Do you see opportunities for collaborative research with colleagues at the School of Computer Science?

Yes, my research area is broad and overlaps with every faculty member in the Bioinformatics Group. I’m already co-supervising students with Professors Bin Ma and Lila Kari.

But I’m also a member of the AI and Machine Learning Group. I’ve talked to Professor Wenhu Chen to discuss the possibility of using natural language processing models such as ChatGPT to revolutionize how we deal with biological data. What if we used ChatGPT as an interface that lets scientists talk to the data? I’ve also met with Professors Pascal Poupart and Yaoliang Yu about using AI and machine learning to solve biological problems, then applying the methods developed to solve problems in other domains.

What do you see as your most important or most significant contribution?

One of my most impactful research contributions is in deep learning. Deep learning is exceptionally good at capturing subtle relationships in large data sets that experts themselves may not see. But it may be hard to convince scientists, clinicians and doctors that deep learning networks are very good at some task when we do not know how the system made its decision. The problem is that although the performance of a deep learning system may be exceptionally good, it’s like a black box that does not reveal why and consequently may not be trusted.
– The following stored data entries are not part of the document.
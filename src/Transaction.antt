-- ===== src/Transaction.antt =====
-- src/transaction.rs: `Transaction` and its two-phase commit. The strand of submitted journals is a
-- chain of journal anchors in the store, newest first. Calls of the persistence layer are recorded
-- in the order in which they are made.

pub mod Strand
pub mod Rewind
pub mod Rollback
pub mod PostCommit
pub mod Examples
use elektro_em_eukal.Base.{
  Outcome, done, out_of_rounds, panicked, ℕ, zero, suc, ◌+◌, ◌-◌, ◌^◌, Bool, true, false, ◌&&◌,
  ◌||◌, not, Option, none, some, List, [], ◌∷◌, ◌++◌, if◌then◌else◌, ◌==◌, ltb, leb, is_some,
  option_le, nonzero, min, max, update,
}
use elektro_em_eukal.Anchors.{
  Store, State, TransactionAnchor, JournalAnchor, Error, Result, ok, err, submit_instant, set_next,
  new_journal_anchor, submit, commit, rollback, wake_up_readers,
}

-- `MAX_TRANSACTION_INSTANT` is `u32::MAX - 1`.
abbrev pub max_transaction_instant : ℕ
max_transaction_instant = 2 ^ 32 - 2

-- The calls of the persistence layer.
pub data LogCall : Type 0 where
  submitted : ℕ → ℕ → LogCall
  rewound : Option ℕ → LogCall
  prepared : ℕ → LogCall
  committed : ℕ → LogCall

-- `anchor` is the address of the transaction's own anchor; `eot_log_buffer` tells whether the
-- buffer is still there.
pub record Transaction : Type 0 where
  pub anchor : ℕ
  pub durable_flush_epoch : ℕ
  pub eot_log_buffer : Bool
  pub journal_strand : Option ℕ
  pub xid : Option (List ℕ)
  pub calls : List LogCall

unfoldable pub new_transaction : ℕ → Transaction
new_transaction anchor = record {
  anchor = anchor;
  durable_flush_epoch = 0;
  eot_log_buffer = true;
  journal_strand = none;
  xid = none;
  calls = [];
}

abbrev pub bounded_instant : Option ℕ → Option ℕ
bounded_instant none = none
bounded_instant (some i) = some (min i max_transaction_instant)

abbrev pub head_instant : Store → Option ℕ → Option ℕ
head_instant st none = none
head_instant st (some j) = nonzero (st.journals j).submit_instant

-- `Transaction::now`.
unfoldable pub now : Store → Transaction → Option ℕ
now st t = bounded_instant (head_instant st t.journal_strand)

-- `Transaction::journal` creates a journal anchor at the present instant of the transaction.
unfoldable pub open_journal : ℕ → Transaction → Store → Store
unfolding now new_journal_anchor
open_journal j t st = record st {
  journals = update st.journals j (new_journal_anchor t.anchor (now st t));
}

-- The loop of `submit_journal`: each entry of `interference` is the head that a failed
-- compare-and-exchange finds in the strand, and then the exchange succeeds.
unfoldable pub link_journal : ℕ → Option ℕ → List (Option ℕ) → Store → Store × ℕ
unfolding set_next
link_journal j current [] st = let (st', old, instant) = set_next j current st in (st', instant)
link_journal j current (actual ∷ more) st = link_journal j actual more (set_next j current st).0

-- A log buffer is handed over, and two flush epochs more have to end before it is durable.
abbrev submit_log : Bool → ℕ → Option ℕ → ℕ → Transaction → Transaction
submit_log false j epoch instant t = t
submit_log true j epoch instant t = record t {
  durable_flush_epoch = max t.durable_flush_epoch (epoch_or_zero + 2);
  calls = t.calls ++ (submitted j instant ∷ []);
}
  where
    epoch_or_zero : ℕ
    epoch_or_zero = elim epoch [ none ↦ 0 | some e ↦ e ]

-- `submit_journal`, from the head of the strand that its first load finds.
unfoldable pub submit_journal :
    ℕ → Bool → Option ℕ → List (Option ℕ) → Transaction → Store → Transaction × Store × ℕ
unfolding link_journal submit
submit_journal j has_log_buffer epoch interference t st =
    let (st', instant) = link_journal j t.journal_strand interference st in
    let t' = submit_log has_log_buffer j epoch instant t in
    (record t' { journal_strand = some j }, submit j st', instant)

-- The loop of `rewind`, from the head of the strand; the strand that is left.
unfoldable pub rewind_strand : ℕ → Option ℕ → Option ℕ → Store → Outcome (Store × Option ℕ)
unfolding set_next rollback submit_instant
rewind_strand rounds instant none st = done (st, none)
rewind_strand zero instant (some j) st = out_of_rounds
rewind_strand (suc k) instant (some j) st =
    let st' = rollback j st in
    let (st'', older, i) = set_next j none st' in
    let rest = rewind_strand k instant older st'' in
    if option_le (submit_instant st j) instant then done (st, some j) else rest

-- The log of a rewound transaction; a partly rewound one gets a new buffer.
rewind_log : Bool → Option ℕ → Option ℕ → Transaction → Transaction
rewind_log had_buffer instant left t = record t {
  eot_log_buffer = is_some instant;
  calls = if had_buffer then t.calls ++ (rewound left ∷ []) else t.calls;
}

unfoldable pub conclude_rewind :
    Option ℕ → Transaction → Outcome (Store × Option ℕ) → Outcome (Transaction × Store × Option ℕ)
unfolding rewind_log
conclude_rewind instant t (done (st, left)) =
    let new_instant = head_instant st left in
    done (
      record (rewind_log t.eot_log_buffer instant new_instant t) { journal_strand = left },
      st,
      new_instant,
    )
conclude_rewind instant t panicked = panicked
conclude_rewind instant t out_of_rounds = out_of_rounds

unfoldable pub rewind :
    ℕ → Option ℕ → Transaction → Store → Outcome (Transaction × Store × Option ℕ)
unfolding rewind_strand conclude_rewind
rewind rounds instant t st =
    conclude_rewind instant t (rewind_strand rounds instant t.journal_strand st)

abbrev pub write_state : ℕ → State → Store → Store
write_state anchor s st = record st {
  transactions = update st.transactions anchor (record (st.transactions anchor) { state = s });
}

-- `prepare` up to its wait for the log: the prepare instant is the sequencer's present one.
unfoldable pub prepare : ℕ → Transaction → Store → Transaction × Store
prepare clock t st = (
  record t { calls = t.calls ++ (prepared clock ∷ []) },
  record st {
    transactions =
        update st.transactions t.anchor
          (record (st.transactions t.anchor) { state = State.committing; prepare_instant = clock });
  },
)

-- `determine_need_for_io_completion`.
unfoldable pub determine_need_for_io_completion : Bool → Bool → Option ℕ → Transaction → Bool
determine_need_for_io_completion commit_log_record wait_prepare_logging epoch t =
    (not commit_log_record && is_some t.xid)
    || (not (t.durable_flush_epoch == 0)
        && (commit_log_record
            || (wait_prepare_logging && not (option_le (some t.durable_flush_epoch) epoch))))

-- `generate_commit_log_record` advances the sequencer: the new clock is the commit instant.
unfoldable pub generate_commit_log_record : ℕ → Transaction → Result (ℕ × Transaction)
generate_commit_log_record clock t =
    if t.eot_log_buffer
    then ok (
      clock + 1,
      record t { eot_log_buffer = false; calls = t.calls ++ (committed (clock + 1) ∷ []) },
    )
    else err Error.unexpected_state

-- The loop of `post_commit` over the strand.
unfoldable pub commit_strand : ℕ → Option ℕ → Store → Outcome Store
unfolding set_next commit
commit_strand rounds none st = done st
commit_strand zero (some j) st = out_of_rounds
commit_strand (suc k) (some j) st =
    let (st', older, i) = set_next j none (commit j st) in commit_strand k older st'

unfoldable pub post_commit : ℕ → ℕ → Transaction → Store → Outcome (Transaction × Store)
unfolding wake_up_readers commit_strand
post_commit rounds instant t st =
    let ended = record st {
      transactions =
          update st.transactions t.anchor (record (st.transactions t.anchor) {
            state = State.committed;
            commit_instant = instant;
          });
    } in
    elim (commit_strand rounds t.journal_strand (wake_up_readers t.anchor ended)) [
      | done st' ↦ done (record t { journal_strand = none }, st')
      | panicked ↦ panicked
      | out_of_rounds ↦ out_of_rounds
    ]

-- The readers are woken up as soon as the transaction begins to roll back.
unfoldable pub begin_rollback : ℕ → Store → Store
unfolding wake_up_readers
begin_rollback anchor st = wake_up_readers anchor (write_state anchor State.rolling_back st)

unfoldable pub finish_rollback : ℕ → Transaction → Store → Outcome (Transaction × Store)
unfolding rewind
finish_rollback rounds t st = elim (rewind rounds none t st) [
  | done (t', st', left) ↦ done (t', write_state t.anchor State.rolled_back st')
  | panicked ↦ panicked
  | out_of_rounds ↦ out_of_rounds
]

unfoldable pub rollback_internal : ℕ → Transaction → Store → Outcome (Transaction × Store)
unfolding begin_rollback finish_rollback
rollback_internal rounds t st = finish_rollback rounds t (begin_rollback t.anchor st)

abbrev is_open : State → Bool
is_open State.active = true
is_open State.committing = true
is_open State.committed = false
is_open State.rolling_back = false
is_open State.rolled_back = false

-- `Drop for Transaction`.
unfoldable pub drop_transaction : ℕ → Transaction → Store → Outcome (Transaction × Store)
unfolding rollback_internal
drop_transaction rounds t st =
    if is_open (st.transactions t.anchor).state then rollback_internal rounds t st else done (t, st)

-- `Drop for Journal` without its log buffer: a journal that was not submitted is rolled back.
unfoldable pub drop_journal : ℕ → Store → Store
unfolding submit_instant rollback
drop_journal j st = if is_some (submit_instant st j) then st else rollback j st

-- What a poll of the commit log record's completion finds.
pub data Io : Type 0 where
  pending : Io
  completed : Io
  failed : Error → Io

pub record Committable : Type 0 where
  pub transaction : Option Transaction
  pub commit_log_io : Option ℕ

pub data Poll : Type 0 where
  ready : Result ℕ → Poll
  pending : Poll

-- A step of `Committable`: the clock of the sequencer, what is left of the future, the store, and
-- the poll's answer.
abbrev pub Polled : Type 0
Polled = ℕ × Committable × Store × Poll

abbrev spent : Committable
spent = record { transaction = none; commit_log_io = none }

-- The transaction is dropped with the future, which rolls it back if it is still open.
abandon : ℕ → ℕ → Error → Outcome (Transaction × Store) → Outcome Polled
abandon rounds clock e (done (t, st)) = done (clock, spent, st, ready (err e))
abandon rounds clock e panicked = panicked
abandon rounds clock e out_of_rounds = out_of_rounds

finish : ℕ → ℕ → Outcome (Transaction × Store) → Outcome Polled
finish clock instant (done (t, st)) = done (clock, spent, st, ready (ok instant))
finish clock instant panicked = panicked
finish clock instant out_of_rounds = out_of_rounds

poll_io : ℕ → Io → ℕ → Transaction → ℕ → Store → Outcome Polled
unfolding abandon finish drop_transaction post_commit
poll_io rounds Io.completed clock t instant st =
    finish clock instant (post_commit rounds instant t st)
poll_io rounds (failed e) clock t instant st = abandon rounds clock e (drop_transaction rounds t st)
poll_io rounds Io.pending clock t instant st =
    done (clock, record { transaction = some t; commit_log_io = some instant }, st, Poll.pending)

poll_generated : ℕ → ℕ → Transaction → Store → Result (ℕ × Transaction) → Outcome Polled
unfolding abandon finish drop_transaction post_commit determine_need_for_io_completion
poll_generated rounds clock t st (err e) = abandon rounds clock e (drop_transaction rounds t st)
poll_generated rounds clock t st (ok (instant, t')) =
    if determine_need_for_io_completion true false none t'
    then done
        (instant, record { transaction = some t'; commit_log_io = some instant }, st, Poll.pending)
    else finish instant instant (post_commit rounds instant t' st)

poll_transaction : ℕ → Io → ℕ → Transaction → Option ℕ → Store → Outcome Polled
unfolding poll_io poll_generated generate_commit_log_record
poll_transaction rounds io clock t (some instant) st = poll_io rounds io clock t instant st
poll_transaction rounds io clock t none st =
    poll_generated rounds clock t st (generate_commit_log_record clock t)

-- `Committable::poll`.
unfoldable pub poll_committable : ℕ → Io → ℕ → Committable → Store → Outcome Polled
unfolding poll_transaction
poll_committable rounds io clock c st = elim c.transaction [
  | some t ↦ poll_transaction rounds io clock t c.commit_log_io st
  | none ↦ done (clock, spent, st, ready (err Error.unexpected_state))
]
My work — in a paper titled DeepPINK: Reproducible Feature Selection in Deep Neural Networks — is the first that demonstrated that the interpretation a deep neural network system can achieve a statistical guarantee. This research is important not just because it was the first work to demonstrate a statistical guarantee, but also because it attracted many follow-up studies by experts at top research universities.

Who has inspired you most?

My postdoctoral advisor — William Noble at the University of Washington — was a great inspiration. He is an exceptional researcher, but what I benefited from most was his ability to manage a research group with 20 to 30 people effortlessly and his ability to encourage us to work hard without feeling pressured.

That kind of management skill greatly benefitted me, and I think it will continue to do so when I manage my own research group.

What do you do in your spare time?

I spend a lot of time with my son. In a way, raising a child is like an observational study — a child comes into the world without knowledge and understanding, but over time learns to conceive the world and its complexities. I also enjoy watching football, or soccer as it’s called here.